++++ Task material

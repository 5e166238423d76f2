-- ===== src/Assessment/Dependencies.antt =====
-- internal/assessment/rules.go: the rule on required dependencies, which groups what is missing by the
-- resource that needs it.
use k8s_migration.Base.{
  String, Bool, false, not, ◌&&◌, List, [], ◌∷◌, ◌++◌, map, str_eq, str_ltb, ◌+++◌, join,
  sort_strings, order_by, if◌then◌else◌,
}
use k8s_migration.Environment.{StorageClass}
use k8s_migration.Application.{ResourceReference, Dependency}
use k8s_migration.Assessment.Model.{Severity, Category}
use k8s_migration.Assessment.Engine.{Context, Finding, severity_text, resource_ref}
use k8s_migration.Assessment.Rules.{gather, member}

unfoldable pub ref_key : ResourceReference → String
unfolding join
ref_key r = join "\0" (r.api_version ∷ r.kind ∷ r.namespace ∷ r.name ∷ [])

pub record MissingGroup : Type 0 where
  pub key : String
  pub origin : ResourceReference
  pub severity : Severity
  pub targets : List String

-- `compactStrings` behind a value that has been taken.
abbrev compact_behind : String → List String → List String
compact_behind last [] = []
compact_behind last (s ∷ ss) =
    let rest = compact_behind s ss in
    let same = compact_behind last ss in if str_eq last s then same else s ∷ rest

unfoldable pub compact_strings : List String → List String
compact_strings [] = []
compact_strings (s ∷ ss) = s ∷ compact_behind s ss

-- The target is appended to the group under the key, which is made where there is none.
unfoldable pub add_target :
    String → ResourceReference → Severity → String → List MissingGroup → List MissingGroup
add_target key origin severity target [] =
    (record { key = key; origin = origin; severity = severity; targets = target ∷ [] }) ∷ []
add_target key origin severity target (g ∷ gs) =
    let rest = add_target key origin severity target gs in
    if str_eq g.key key
    then (record {
      key = key;
      origin = origin;
      severity = severity;
      targets = g.targets ++ target ∷ [];
    })
      ∷ gs
    else g ∷ rest

abbrev missing_severity : Dependency → Severity
missing_severity d = if str_eq d.to.kind "StorageClass" then Severity.warning else Severity.blocker

abbrev is_missing : List String → Dependency → Bool
is_missing known d =
    d.required && (not (str_eq d.to.kind "ClusterRole") && not (member known (ref_key d.to)))

unfoldable pub group_missing : List String → List Dependency → List MissingGroup → List MissingGroup
unfolding add_target ref_key
group_missing known [] groups = groups
group_missing known (d ∷ ds) groups =
    let severity = missing_severity d in
    let key = severity_text severity +++ ("\0" +++ ref_key d.origin) in
    let added =
      group_missing known ds
        (add_target key d.origin severity (d.to.kind +++ ("/" +++ d.to.name)) groups) in
    let skipped = group_missing known ds groups in if is_missing known d then added else skipped

abbrev storage_ref : StorageClass → ResourceReference
storage_ref c = record {
  api_version = "storage.k8s.io/v1";
  kind = "StorageClass";
  namespace = "";
  name = c.name;
}

unfoldable pub known_keys : Context → List String
unfolding ref_key resource_ref
known_keys context =
    map (λ r. ref_key (resource_ref r)) context.application.inventory.resources
    ++ map (λ c. ref_key (storage_ref c)) context.target.storage_classes

unfoldable pub required_dependency : Context → List Finding
unfolding sort_strings group_missing compact_strings known_keys
required_dependency context =
    gather
      (λ g.
        (record {
          severity = g.severity;
          category = Category.dependency;
          resource = g.origin;
          rule_id = "DEPENDENCY_REQUIRED_MISSING";
          title = "缺少必需依赖";
          description =
              join "、" (compact_strings (sort_strings g.targets)) +++ " 不在源 Inventory 或目标能力中。";
          remediation = "补充资源、建立目标映射或明确排除该依赖。";
          auto_fixable = false;
        })
        ∷ [])
      (order_by (λ a b. str_ltb a.key b.key)
        (group_missing (known_keys context) context.application.inventory.dependencies []))
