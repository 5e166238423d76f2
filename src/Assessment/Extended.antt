-- ===== src/Assessment/Extended.antt =====
-- internal/assessment/rules_extended.go: the rules on Compose projects, volumes, services and security.
use k8s_migration.Base.{
  String, Bool, true, false, not, ◌&&◌, ◌||◌, none, some, List, [], ◌∷◌, str_eq, ◌+++◌, equal_fold,
  join, lower_contains, any, if◌then◌else◌,
}
use k8s_migration.Environment.{
  StorageClass, snapshot_driver_for_storage_class, supports_raw_block_data_mover,
}
use k8s_migration.Application.{ResourceReference, VolumeSummary, ComposeWarning}
use k8s_migration.Assessment.Model.{Severity, Category}
use k8s_migration.Assessment.Engine.{Context, Finding, resource_ref}
use k8s_migration.Assessment.Rules.{gather, member}

-- The first warning on unresolved variables ends the loop.
abbrev unresolved : String → List ComposeWarning → List Finding
unresolved name [] = []
unresolved name (w ∷ ws) =
    if str_eq w.code "COMPOSE_UNRESOLVED_VARIABLES"
    then (record {
      severity = Severity.blocker;
      category = Category.dependency;
      resource = record { api_version = ""; kind = "ComposeProject"; namespace = ""; name = name };
      rule_id = "COMPOSE_UNRESOLVED_VARIABLES";
      title = "Compose 环境变量尚未解析";
      description = w.message;
      remediation = "重新注册该 Compose 应用并上传受控 .env，或补齐运行所需变量后重新发现并评估。";
      auto_fixable = false;
    })
      ∷ []
    else unresolved name ws

unfoldable pub compose_unresolved_variables : Context → List Finding
compose_unresolved_variables context = elim context.application.inventory.compose [
  | none ↦ []
  | some c ↦
      unresolved (if str_eq c.project_name "" then context.application.name else c.project_name)
        c.warnings
]

abbrev volume_ref : VolumeSummary → ResourceReference
volume_ref v = record {
  api_version = "v1";
  kind = "PersistentVolumeClaim";
  namespace = v.namespace;
  name = v.name;
}

-- Both ends are ready to move the volume as a block device.
unfoldable pub block_path : Context → VolumeSummary → Bool
unfolding snapshot_driver_for_storage_class supports_raw_block_data_mover
block_path context v =
    (snapshot_driver_for_storage_class context.source v.storage_class_name).1
    && (supports_raw_block_data_mover context.source
        && (context.source.csi_data_mover.backup_ready
            && context.target.csi_data_mover.restore_ready))

unfoldable pub block_finding : Context → VolumeSummary → Finding
unfolding block_path
block_finding context v =
    if block_path context v
    then record {
      severity = Severity.warning;
      category = Category.storage;
      resource = volume_ref v;
      rule_id = "STORAGE_RAW_BLOCK";
      title = "原始块卷必须使用 CSI Data Mover";
      description = "源 StorageClass 已匹配快照驱动，源端 DataUpload 和目标端 DataDownload 运行时均就绪。";
      remediation = "创建迁移计划时必须选择 CSI_DATA_MOVER；执行前仍会进行实时探测。Raw Block仅在 Linux节点上放行。";
      auto_fixable = false;
    }
    else record {
      severity = Severity.blocker;
      category = Category.storage;
      resource = volume_ref v;
      rule_id = "STORAGE_RAW_BLOCK";
      title = "原始块卷尚无可用迁移路径";
      description = "PVC 使用 volumeMode=Block，不能按文件系统备份迁移。";
      remediation = "在源端安装并验证 CSI Snapshot/Data Mover，在目标端验证 DataDownload 和 node-agent；未确认前禁止迁移。";
      auto_fixable = false;
    }

unfoldable pub raw_block_volume : Context → List Finding
unfolding block_finding equal_fold
raw_block_volume context =
    gather (λ v. if equal_fold v.volume_mode "Block" then block_finding context v ∷ [] else [])
      context.application.inventory.pvcs

abbrev is_nfs : StorageClass → Bool
is_nfs c = lower_contains (c.provisioner +++ ("/" +++ c.name)) "nfs"

unfoldable pub rwx_storage : Context → List Finding
unfolding lower_contains
rwx_storage context =
    if any is_nfs context.target.storage_classes
    then []
    else gather
        (λ v.
          if member v.access_modes "ReadWriteMany"
          then (record {
            severity = Severity.blocker;
            category = Category.storage;
            resource = volume_ref v;
            rule_id = "STORAGE_RWX_TARGET";
            title = "目标集群缺少 RWX 文件存储";
            description = "PVC 需要 ReadWriteMany，但目标能力快照中没有 NFS StorageClass。";
            remediation = "通过外部 NFS 向导安装 NFS CSI 并创建、验证目标 StorageClass。";
            auto_fixable = false;
          })
            ∷ []
          else [])
        context.application.inventory.pvcs

unfoldable pub ingress_class : Context → List Finding
unfolding resource_ref
ingress_class context =
    gather
      (λ i.
        if not (str_eq i.ingress_class_name "")
          && not (member context.target.ingress_classes i.ingress_class_name)
        then (record {
          severity = Severity.warning;
          category = Category.network;
          resource = resource_ref i;
          rule_id = "NETWORK_INGRESS_CLASS";
          title = "IngressClass 需要映射";
          description = "源 IngressClass " +++ (i.ingress_class_name +++ " 不在目标能力快照中。");
          remediation = "选择目标 IngressClass 并在转换阶段改写。";
          auto_fixable = true;
        })
          ∷ []
        else [])
      context.application.inventory.ingresses

unfoldable pub exposed_service : Context → List Finding
unfolding resource_ref
exposed_service context =
    gather
      (λ s.
        if str_eq s.service_type "NodePort" || str_eq s.service_type "LoadBalancer"
        then (record {
          severity = Severity.warning;
          category = Category.network;
          resource = resource_ref s;
          rule_id = "NETWORK_EXPOSED_SERVICE";
          title = "外部服务地址不会自动迁移";
          description = "Service 类型为 " +++ (s.service_type +++ "，目标地址和端口需要重新分配。");
          remediation = "在网络映射中确认目标暴露方式；切流仍需人工执行。";
          auto_fixable = false;
        })
          ∷ []
        else [])
      context.application.inventory.services

unfoldable pub pod_security : Context → List Finding
unfolding resource_ref join
pod_security context =
    gather
      (λ w. elim w.security_risks [
        | [] ↦ []
        | r ∷ rs ↦
            (record {
              severity = if member (r ∷ rs) "HOST_PATH" then Severity.blocker else Severity.warning;
              category = Category.security;
              resource = resource_ref w;
              rule_id = "SECURITY_HOST_ACCESS";
              title = "工作负载使用高风险主机能力";
              description = "检测到 " +++ (join "、" (r ∷ rs) +++ "。");
              remediation = "移除主机耦合和特权配置，或在目标安全策略中经过人工例外审批。";
              auto_fixable = false;
            })
            ∷ []
      ])
      context.application.inventory.workloads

++++++++

*Problem details*. Tally the lines above that contain the word "origin", and reply with only the number.

*Answer space*. 9